SAN FRANCISCO, July 19 (Reuters) - A leading nonprofit group helping immigrant families reunite at the U.S. border on Thursday rejected a $250,000 donation from Salesforce.com Inc in protest at the cloud-computing company's contract with the U.S. Customs and Border Protection agency.

The rejection by the Refugee and Immigrant Center for Education and Legal Services follows efforts by Salesforce.com to allay concerns among its employees about its involvement in enforcing policies of the Trump administration that have led children to be separated from their immigrant parents. The company has been seeking to donate $1 million to various causes.

Texas-based RAICES, a group of about 130 immigration defense lawyers and supporters, said it could not accept the money unless Salesforce.com dropped its contract with Customs and Border Protection, the Department of Homeland Security's law enforcement agency.

"It's not acceptable to us that a corporation washes its hands of its sin by doling out a few tokens to those who work against it," RAICES Executive Director Jonathan Ryan told Reuters on Wednesday.

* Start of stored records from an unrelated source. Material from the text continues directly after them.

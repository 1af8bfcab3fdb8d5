-- ===== src/Signing/Consistent.antt =====
-- The claims of a node that `validateFieldEvidence` accepts, and what they resolve to.
use ai_evidence_bom.Prelude.{
  ◌≡◌, refl, sym, ◌∙◌, subst, false, List, [], ◌∷◌, none, some, All, arith, is_empty, inl, inr,
  Bool-cases, Option-cases,
}
use ai_evidence_bom.Text.{text_eq, trim_space}
use ai_evidence_bom.Text.Order.{text_order, text_eq_iff}
use ai_evidence_bom.Maps.{lookup, put, add}
use ai_evidence_bom.Maps.Laws.{lookup-put}
use ai_evidence_bom.Sorting.{find}
use ai_evidence_bom.Sorting.Keys.{IsAscending, find-sort_slice}
use ai_evidence_bom.Platform.{read_text}
use ai_evidence_bom.Model.Graph.{Node, FieldEvidence, field_version, field_digest, field_property}
use ai_evidence_bom.Model.FieldKey.{FieldKey, claim_key, key_eq, key_eq_iff, field_key_order}
use ai_evidence_bom.Model.Resolve.{Groups, ValueGroup, group_claims, claims_of, resolve_claims}
use ai_evidence_bom.Model.Resolve.Gather.{group_claims-IsDistinct}
use ai_evidence_bom.Model.Resolve.Canonical.{find-claims_of, claim_of_nothing}
use ai_evidence_bom.Model.Resolve.Shape.{resolve_claims_lem}
use ai_evidence_bom.Model.Resolve.Apply.{find_unique}
use ai_evidence_bom.Signing.Identity.{
  validate_field, validate_claim, validate_claims, check_claim, check_claims, index_claims,
  read_claim,
}

-- The field and the key of a claim have no surrounding whitespace, and the field is there.
abbrev pub IsTrimmed : FieldEvidence → Type 0
IsTrimmed c =
    (trim_space c.field ≡ c.field) × (trim_space c.key ≡ c.key) × (is_empty c.field ≡ false)

validate_claim-IsTrimmed :
    (seen : List FieldKey) (c : FieldEvidence) → validate_claim seen c ≡ none → IsTrimmed c
unfolding validate_claim validate_field text_eq
validate_claim-IsTrimmed seen c h =
    ground
      (arith, h, text_eq_iff c.field (trim_space c.field), text_eq_iff c.key (trim_space c.key))

pub validate_claims-AreTrimmed :
    (seen : List FieldKey) (cs : List FieldEvidence)
    → validate_claims seen cs ≡ none
    → All IsTrimmed cs
unfolding validate_claims
validate_claims-AreTrimmed seen [] h = tt
validate_claims-AreTrimmed seen (c ∷ cs) h = (
  validate_claim-IsTrimmed seen c (ground arith),
  validate_claims-AreTrimmed (add (claim_key c) seen) cs (ground arith),
)

-- A field and key that no claim is about has no group.
untouched_group :
    (k : FieldKey) (cs : List FieldEvidence) (groups : Groups)
    → All IsTrimmed cs
    → find claim_key k cs ≡ none
    → lookup k (group_claims cs groups) ≡ lookup k groups
unfolding group_claims find
untouched_group k [] groups t h = refl
untouched_group k (c ∷ cs) groups t h =
    let other : key_eq (claim_key c) k ≡ false = ground arith in
    let later : find claim_key k cs ≡ none = ground arith in
    let written = λ (g : ValueGroup). lookup-put (claim_key c) k g groups in
    rw (t.0.0, t.0.1, t.0.2) (untouched_group k cs _ t.1 later ∙ written _ ∙ rw other refl)

-- The index of the resolved claims reads as a search.
lookup-index_claims :
    (k : FieldKey) (cs : List FieldEvidence) (index : List (FieldKey × FieldEvidence))
    → IsAscending claim_key cs
    → lookup k (index_claims cs index)
      ≡ (elim (find claim_key k cs) [ none ↦ lookup k index | some c ↦ some c ])
unfolding index_claims find
lookup-index_claims k [] index a = refl
lookup-index_claims k (c ∷ cs) index a = ground (
  arith,
  lookup-index_claims k cs (put (claim_key c) c index) a.1,
  lookup-put (claim_key c) k c index,
  find_unique k c cs a,
)

check_claims-found :
    (node : Node) (index : List (FieldKey × FieldEvidence)) (k : FieldKey) (cs : List FieldEvidence)
    (c : FieldEvidence)
    → check_claims node index cs ≡ none
    → find claim_key k cs ≡ some c
    → (check_claim node (read_claim (lookup k index)) c ≡ none) × (claim_key c ≡ k)
unfolding check_claims find
check_claims-found node index k [] c h f = cc
check_claims-found node index k (d ∷ cs) c h f = elim (Bool-cases (key_eq (claim_key d) k)) [
  | inl e ↦
      let same : d ≡ c = ground arith in
      let at : claim_key d ≡ k = (key_eq_iff (claim_key d) k).0 e in
      let checked : check_claim node (read_claim (lookup (claim_key d) index)) d ≡ none =
        ground arith in
      rw (sym same) (rw (sym at) (checked, refl))
  | inr e ↦ check_claims-found node index k cs c (ground arith) (ground arith)
]

digest_not_version : text_eq field_digest field_version ≡ false
unfolding text_eq
digest_not_version = refl

property_not_version : text_eq field_property field_version ≡ false
unfolding text_eq
property_not_version = refl

property_not_digest : text_eq field_property field_digest ≡ false
unfolding text_eq
property_not_digest = refl

-- What the check of a claim says of the field that it is about.
pub check_claim-version :
    (node : Node) (expected c : FieldEvidence)
    → check_claim node expected c ≡ none
    → c.field ≡ field_version
    → node.version ≡ expected.selected_value
unfolding check_claim
check_claim-version node expected c h k =
    ground
      (arith, text_eq_iff c.field field_version, text_eq_iff node.version expected.selected_value)

pub check_claim-digest :
    (node : Node) (expected c : FieldEvidence)
    → check_claim node expected c ≡ none
    → c.field ≡ field_digest
    → read_text (lookup c.key node.digests) ≡ expected.selected_value
unfolding check_claim
check_claim-digest node expected c h k =
    let other : text_eq c.field field_version ≡ false = rw k digest_not_version in
    ground (
      arith,
      text_eq_iff c.field field_digest,
      text_eq_iff (read_text (lookup c.key node.digests)) expected.selected_value,
    )

pub check_claim-property :
    (node : Node) (expected c : FieldEvidence)
    → check_claim node expected c ≡ none
    → c.field ≡ field_property
    → read_text (lookup c.key node.properties) ≡ expected.selected_value
unfolding check_claim
check_claim-property node expected c h k =
    let version : text_eq c.field field_version ≡ false = rw k property_not_version in
    let digest : text_eq c.field field_digest ≡ false = rw k property_not_digest in
    ground (
      arith,
      text_eq_iff c.field field_property,
      text_eq_iff (read_text (lookup c.key node.properties)) expected.selected_value,
    )

-- A resolved claim is about the field and key of a claim that was given, if those are trimmed.
given_claim :
    (k : FieldKey) (cs : List FieldEvidence)
    → All IsTrimmed cs
    → find claim_key k cs ≡ none
    → find claim_key k (resolve_claims cs) ≡ none
unfolding resolve_claims lookup
given_claim k cs t h =
    let groups = group_claims cs [] in
    find-sort_slice claim_key k (claims_of groups)
    ∙ find-claims_of k groups (group_claims-IsDistinct cs [] tt)
    ∙ rw (untouched_group k cs [] t h) (claim_of_nothing k)

-- The claim of the node and the resolved claim behind a field and key.
pub checked_claim :
    (node : Node) (k : FieldKey) (expected : FieldEvidence)
    → All IsTrimmed node.field_evidence
    → check_claims node (index_claims (resolve_claims node.field_evidence) []) node.field_evidence
      ≡ none
    → find claim_key k (resolve_claims node.field_evidence) ≡ some expected
    → (c : FieldEvidence) × (check_claim node expected c ≡ none) × (claim_key c ≡ k)
checked_claim node k expected t h f =
    let cs = node.field_evidence in
    let resolved = resolve_claims cs in
    elim (Option-cases (find claim_key k cs)) [
      | inl e ↦ absurd (ground (arith, f, given_claim k cs t e))
      | inr (c, e) ↦
          let (checked, at) = check_claims-found node (index_claims resolved []) k cs c h e in
          let indexed : lookup k (index_claims resolved []) ≡ some expected =
            lookup-index_claims k resolved [] (resolve_claims_lem cs).1 ∙ rw f refl in
          (c, subst (λ r. check_claim node (read_claim r) c ≡ none) indexed checked, at)
    ]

San Francisco-based Salesforce.com, which specializes in customer relationship management software for businesses, said that it respected the decision by RAICES.

A Salesforce spokeswoman declined to answer questions on the matter, referring to earlier comments by Chief Executive Marc Benioff that Salesforce.com does not work on separation of families.

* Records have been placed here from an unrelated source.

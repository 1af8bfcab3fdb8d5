-- ===== src/Signing/Identified.antt =====
-- What `validateGraphIdentity` accepts.
use ai_evidence_bom.Prelude.{
  ◌≡◌, ◌↔◌, refl, false, List, [], ◌∷◌, Option, none, All, arith, is_empty,
}
use ai_evidence_bom.Text.{Text}
use ai_evidence_bom.Text.Order.{text_order, text_eq_iff}
use ai_evidence_bom.Maps.{elem, add}
use ai_evidence_bom.Maps.Laws.{elem-add}
use ai_evidence_bom.Sorting.{find}
use ai_evidence_bom.Sorting.Keys.{IsDistinct}
use ai_evidence_bom.Model.Graph.{Graph, Node, Edge}
use ai_evidence_bom.Aggregate.{node_id, edge_id}
use ai_evidence_bom.Signing.Identity.{
  validate_field_evidence, validate_nodes, validate_edges, validate_graph_identity,
}

module _ {ℓ} {A : Type ℓ} (id : A → Text) where
  -- No element has one of the IDs.
  abbrev Avoids : List Text → List A → Type 0
  Avoids seen xs = All (λ x. elem (id x) seen ≡ false) xs

  abbrev AreNamed : List A → Type 0
  AreNamed xs = All (λ x. is_empty (id x) ≡ false) xs

  Avoids-add :
      (t : Text) (seen : List Text) (xs : List A)
      → Avoids (add t seen) xs ↔ (Avoids seen xs × (find id t xs ≡ none))
  unfolding find
  Avoids-add t seen [] = (λ h. (tt, refl), λ h. tt)
  Avoids-add t seen (x ∷ xs) = ground (
    arith,
    Avoids-add t seen xs,
    elem-add t (id x) seen,
    text_eq_iff t (id x),
    text_eq_iff (id x) t,
  )

  Avoids-nothing : (xs : List A) → Avoids [] xs
  unfolding elem
  Avoids-nothing [] = tt
  Avoids-nothing (x ∷ xs) = (refl, Avoids-nothing xs)

-- The IDs are there and distinct, and the claims of every node pass `validateFieldEvidence`.
pub record IsIdentified (copy_node : Node → Option Node) (graph : Graph) : Type 0 where
  pub named_nodes : AreNamed node_id graph.nodes
  pub distinct_nodes : IsDistinct node_id graph.nodes
  pub claims : All (λ n. validate_field_evidence copy_node n ≡ none) graph.nodes
  pub named_edges : AreNamed edge_id graph.edges
  pub distinct_edges : IsDistinct edge_id graph.edges

validate_edges_iff :
    (seen : List Text) (es : List Edge)
    → (validate_edges seen es ≡ none)
      ↔ (AreNamed edge_id es × Avoids edge_id seen es × IsDistinct edge_id es)
unfolding validate_edges
validate_edges_iff seen [] = (λ h. (tt, tt, tt), λ h. refl)
validate_edges_iff seen (e ∷ es) =
    ground (arith, validate_edges_iff (add e.id seen) es, Avoids-add edge_id e.id seen es)

module _ (copy_node : Node → Option Node) where
  validate_nodes_iff :
      (seen : List Text) (ns : List Node)
      → (validate_nodes copy_node seen ns ≡ none) ↔ (
          AreNamed node_id ns
          × Avoids node_id seen ns
          × IsDistinct node_id ns
          × All (λ n. validate_field_evidence copy_node n ≡ none) ns)
  unfolding validate_nodes
  validate_nodes_iff seen [] = (λ h. (tt, tt, tt, tt), λ h. refl)
  validate_nodes_iff seen (n ∷ ns) =
      ground (arith, validate_nodes_iff (add n.id seen) ns, Avoids-add node_id n.id seen ns)

  -- `validateGraphIdentity` reports no problem exactly where every node and every edge has an ID, no
  -- two nodes and no two edges have the same one, and the claims of every node are consistent.
  pub validate_graph_identity_iff :
      (graph : Graph)
      → (validate_graph_identity copy_node graph ≡ none) ↔ IsIdentified copy_node graph
  unfolding validate_graph_identity
  validate_graph_identity_iff graph =
      let nodes = validate_nodes_iff [] graph.nodes in
      let edges = validate_edges_iff [] graph.edges in
      let node_avoids = Avoids-nothing node_id graph.nodes in
      let edge_avoids = Avoids-nothing edge_id graph.edges in
      (
        λ h.
            let n : validate_nodes copy_node [] graph.nodes ≡ none = ground arith in
            let e : validate_edges [] graph.edges ≡ none = ground arith in
            record {
              named_nodes = (nodes.0 n).0;
              distinct_nodes = (nodes.0 n).2;
              claims = (nodes.0 n).3;
              named_edges = (edges.0 e).0;
              distinct_edges = (edges.0 e).2;
            },
        λ h.
            rw (nodes.1 (h.named_nodes, node_avoids, h.distinct_nodes, h.claims))
              (edges.1 (h.named_edges, edge_avoids, h.distinct_edges)),
      )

The Salesforce contract with the government, announced in March, includes help with recruiting Customs and Border Protection employees and managing the agency's communications with the public. Activists have said the contract is worth about $40 million. Salesforce would neither confirm nor deny that figure.

The contract was inked before outrage erupted in June when it was revealed the administration of U.S. President Donald Trump had implemented its previously announced "zero tolerance" border policy, which separated many children from their immigrant parents caught crossing illegally from Mexico.

Subsequently, more than 600 Salesforce employees signed a petition asking the company to end the contract. Shortly after, the company announced its plan to donate $1 million.

Salesforce workers are the latest of several prominent tech companies, including Alphabet Inc’s Google, Microsoft Corp and Amazon.com Inc, to push their employers to ditch controversial federal contracts. (Reporting by Joseph Menn; editing by Grant McCool and Bill Rigby)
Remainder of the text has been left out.